I think the SeqAn extension makes use of FSPObject (don't have their code at hand) because we added this mainly for them. It's also used in the testing environment (org.knime.testing.data.filestore.LargeFileStorePortObject).
I also attach the tree ensemble port object class that will be distributed as part of 3.2. This will then also make use of it as these models tend to get large. This one has this nice example of using a "WeakReference", which releases memory as soon as the content of the port object is no longer in use. You will want to do something similar.
I think I am have wrapped my head around it now. Weak references are still (obviously) new to me but I think I have something working.
Just to summarize for folks in the future who have the same question, the basic workflow I used in the end was something like:
* Create a portObject with a FileStore from the execute method of the node model.
* In the portObject, when the FileStore is created, write the protobuf bytes to the file in the FileStore.
* In the Serializer, save whatever light-weight data you want to have access to without reading the large chunk that was serialized.
At this point the workflow saves. Then to load it back:
* In the Serializer, load back that which was saved in the previous step.
* add a public method to get the data back later when needed. This method should get the orignial FileStore file using getFileStore().getFile(). This file contains my protobuf message which can then be easily parsed from the raw bytes.

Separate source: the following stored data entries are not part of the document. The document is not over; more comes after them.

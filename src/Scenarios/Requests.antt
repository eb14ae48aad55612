-- ===== src/Scenarios/Requests.antt =====
-- Requests for a reset by an administrator, at concrete values.
use vaultchain_fintech_dashb.Prelude.{
  ℕ, true, false, Option, none, some, List, [], ◌∷◌, ◌≡◌, refl, arith, ok, Bool-cases, inl, inr,
  count_where, ◌<◌, find, map, ◌⊎◌,
}
use vaultchain_fintech_dashb.Prelude.Text.{Text, codes, text_eq}
use vaultchain_fintech_dashb.Access.Store.{
  AccessDb, AccessEnv, RequestStatus, ResetRequest, approved, pending, denied,
}
use vaultchain_fintech_dashb.Access.Devices.{DeviceContext}
use vaultchain_fintech_dashb.Challenge.Token.{print_token, reset_prefix, parse_opaque}
use vaultchain_fintech_dashb.Access.Requests.Lifecycle.{
  IsFair, Call, deciding, filing, run, polling, requests_evolve, over_stays_after,
}
use vaultchain_fintech_dashb.Access.Requests.Machine.{Evolves, refused, done, lapsed, stage_of}
use vaultchain_fintech_dashb.Access.Requests.Poll.{
  PollResult, poll, load_presented, poll_row, claim_approval, claim_active, link,
}
use vaultchain_fintech_dashb.Access.Requests.File.{
  RequestOthers, file_request, file_for, insert_unless_open, insert_request, audit_create,
}
use vaultchain_fintech_dashb.Access.Requests.OneOpen.{HasOneOpen, run-HasOneOpen}
use vaultchain_fintech_dashb.Scenarios.Accounts.{auth_db, env, old_id, new_id, plain}
use vaultchain_fintech_dashb.Access.Requests.{
  is_pending_of, request_prefix, request_row, expire_overdue, load_by_token, expire_in,
}
use vaultchain_fintech_dashb.Access.Requests.Writes.{end}
use vaultchain_fintech_dashb.Access.Requests.FourEyes.{may_claim, claim_needs_other}
use vaultchain_fintech_dashb.Access.Reset.{create_challenge, stamp_factor}
use vaultchain_fintech_dashb.Access.Requests.Decide.{
  decide, load_for_admin, decide_row, decide_pending, settle, detail,
}
use vaultchain_fintech_dashb.Challenge.Reset.{mark_factor_verified}
use vaultchain_fintech_dashb.Challenge.Reset.{create}
use vaultchain_fintech_dashb.Access.Reset.Complete.{complete_request}

abbrev pub access_env : AccessEnv
access_env = record {
  auth = env;
  totp = λ secret code floor. some 60;
  decrypt = λ enc user. some enc;
  device_id = new_id;
  device_secret = codes "device";
  remember_ttl = 3600;
  reset_id = new_id;
  reset_secret = codes "reset";
  reset_ttl = 300;
  reset_max_attempts = 5;
  reset_purpose = 2;
  request_id = new_id;
  request_secret = codes "asked";
  request_ttl = 86400;
  request_cooldown = 600;
  decoy_id = old_id;
  decoy_secret = codes "decoy";
  pending_index = true;
  reset_admins = 9 ∷ [];
  alerts_work = true;
}

abbrev pub client : DeviceContext
client = record { ip = some (codes "10.1.2.3"); user_agent = some (codes "Firefox") }

abbrev asked : RequestStatus → Option ℕ → ResetRequest
asked status actor = record {
  id = old_id;
  user_id = 4;
  token_hash = codes "handle";
  status = status;
  ip_hash = none;
  ip_prefix = none;
  user_agent = none;
  expires_at = 90000;
  decided_by = actor;
  decided_at = none;
  challenge_id = none;
  completed_at = none;
  created_at = 1000;
}

abbrev pub access_db : List ResetRequest → AccessDb
access_db requests = record {
  auth = auth_db none;
  devices = [];
  backup_codes = [];
  reset_challenges = [];
  reset_requests = requests;
  audit = [];
  alerts = [];
}

-- No other request writes.
abbrev pub same : AccessDb → AccessDb
same db = db

abbrev one_request : RequestStatus → AccessDb
one_request status = access_db (asked status none ∷ [])

one_key : (r : ResetRequest) (id : Text) → count_where (request_row id) (r ∷ []) < 2
one_key r id = elim (Bool-cases (text_eq r.id id)) [
  | inl e ↦ rw e (omega arith)
  | inr e ↦ rw e (omega arith)
]

abbrev handle : Option Text
handle = some (print_token request_prefix old_id (codes "handle"))

-- Somebody else approves, and the owner claims.
abbrev approval : List Call
approval = deciding access_env same same 9 old_id true ∷ []

abbrev approval_and_claim : List Call
approval_and_claim =
    deciding access_env same same 9 old_id true ∷ polling access_env same handle client ∷ []

requests_evolve_example :
    Evolves
      (one_request pending).reset_requests
      (run approval_and_claim (one_request pending)).reset_requests
requests_evolve_example =
    requests_evolve true approval_and_claim (one_request pending) (one_key (asked pending none))
      ((λ d. end _, λ d. end _), (λ d. end _, tt))

-- A request that was denied stays so through a decision and a poll.
over_stays_after_example :
    (s : ResetRequest) × (find
        (request_row old_id)
        (run approval_and_claim (one_request denied)).reset_requests
      ≡ some s)
    × (4 ≡ s.user_id)
    × ((refused ≡ stage_of s) ⊎ ((refused ≡ done) × (stage_of s ≡ lapsed)))
over_stays_after_example =
    over_stays_after true approval_and_claim (one_request denied) old_id (asked denied none)
      (one_key (asked denied none)) ((λ d. end _, λ d. end _), (λ d. end _, tt)) refl refl

-- A poll that loads an approved request after its time, and marks it expired after the reset was
-- completed, turns a done request into an expired one.
abbrev late_env : AccessEnv
late_env = record access_env { auth = record env { now = 90001 } }

abbrev completing_meanwhile : AccessDb → AccessDb
completing_meanwhile db = record db {
  reset_requests = complete_request 90000 old_id db.reset_requests;
}

done_then_lapsed :
    (map stage_of (completing_meanwhile (one_request approved)).reset_requests ≡ done ∷ [])
    × (map stage_of
          (poll late_env completing_meanwhile handle client (one_request approved)).1.reset_requests
        ≡ lapsed ∷ [])
unfolding poll poll_row load_by_token complete_request expire_in parse_opaque
done_then_lapsed = (refl, refl)

abbrev claimed : PollResult
claimed = record {
  status = approved;
  challenge_token = some (print_token reset_prefix new_id (codes "reset"));
}

abbrev after_claim : AccessDb
after_claim = (poll access_env same handle client (run approval (one_request pending))).1

owner-claims :
    poll access_env same handle client (run approval (one_request pending))
    ≡ (ok claimed, after_claim)
unfolding poll poll_row claim_approval claim_active link create_challenge stamp_factor decide
    load_for_admin decide_row decide_pending settle detail load_by_token parse_opaque create
    mark_factor_verified
owner-claims = refl

claim_needs_other_example :
    (r : ResetRequest) × (load_presented plain handle
        (run approval (one_request pending)).reset_requests
      ≡ some r)
    × (may_claim access_env (run approval (one_request pending)) r ≡ true)
claim_needs_other_example =
    claim_needs_other true approval (one_request pending) access_env same handle client
      (one_key (asked pending none)) refl ((λ d. end _, λ d. end _), tt) owner-claims refl

-- Ada files a request where the database has no index, files another, which the open one absorbs, and
-- an administrator denies it.
abbrev unindexed : AccessEnv
unindexed = record access_env { pending_index = false }

abbrev quiet : RequestOthers
quiet = record { before_transaction = same; before_insert = same }

abbrev refiling : List Call
refiling =
    filing unindexed quiet (codes "ada@bank.test") none client
    ∷ filing unindexed quiet (codes "ada@bank.test") none client
    ∷ deciding access_env same same 9 new_id false
    ∷ []

quiet_filing : IsFair true (filing unindexed quiet (codes "ada@bank.test") none client)
quiet_filing = (λ one. inr (λ d user room. room), λ d. end _, λ d. end _)

run-HasOneOpen_example : HasOneOpen (run refiling (access_db [])).reset_requests
run-HasOneOpen_example =
    run-HasOneOpen refiling (access_db []) (λ id. omega arith)
      (quiet_filing, (quiet_filing, ((λ d. end _, λ d. end _), tt))) (λ user. omega arith)

-- Without the index, a request that is filed between the check and the insert of another leaves the
-- user with two.
abbrev racing : RequestOthers
racing = record {
  before_transaction = λ db. db;
  before_insert = λ db. record db { reset_requests = asked pending none ∷ db.reset_requests };
}

two_pending :
    count_where
      (is_pending_of 4)
      (file_request unindexed racing
        (codes "ada@bank.test")
        none
        client
        (access_db [])).1.reset_requests
    ≡ 2
unfolding file_request file_for expire_overdue insert_unless_open insert_request audit_create
two_pending = refl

Does that sound like approximately the intended usage? Am I missing anything conceptually? Sounds easy once you write it out :)
Followup: When implementing a DataCell type which is based on the FileStorePortObject, is it better to use a FileStoreCell or a PortObjectCell? Is the PortObjectCell able to use the same serializer as it's port object? Any hints on which nodes to look at for either one of those?
You want to extend FileStoreCell. I'd use some proxy class that contains all the logic (including serialization) and then would just delegate to it in both YourFileStoreCell and YourFileStorePortObject.
Example? It's not using filestores but it's the best place to steal code:
org.knime.core.data.image.png.PNGImageCell
The cell class. It wraps a PNGImageContent
org.knime.core.data.image.png.PNGImageContent
This proxy thing the cell and portobject class delegate to
org.knime.core.node.port.image.ImagePortObject
The PortObject. It's not specifc for PNG (could also be SVG). It wraps an "ImageContent", whereby PNGImageContent is a derivate of it.
When you say the capacity of PortObject is up to 100MB, could I ask what is the capacity for a table? And if it is also limited, is there a way around it like FileStore?
Tables are handled differently in KNIME. A table is not necessarily all kept in memory and has a very strict API that allows us to read from disc while traversing the table. Thanks to that there is no limit (apart from hard disc space and your patience waiting for nodes to process the data).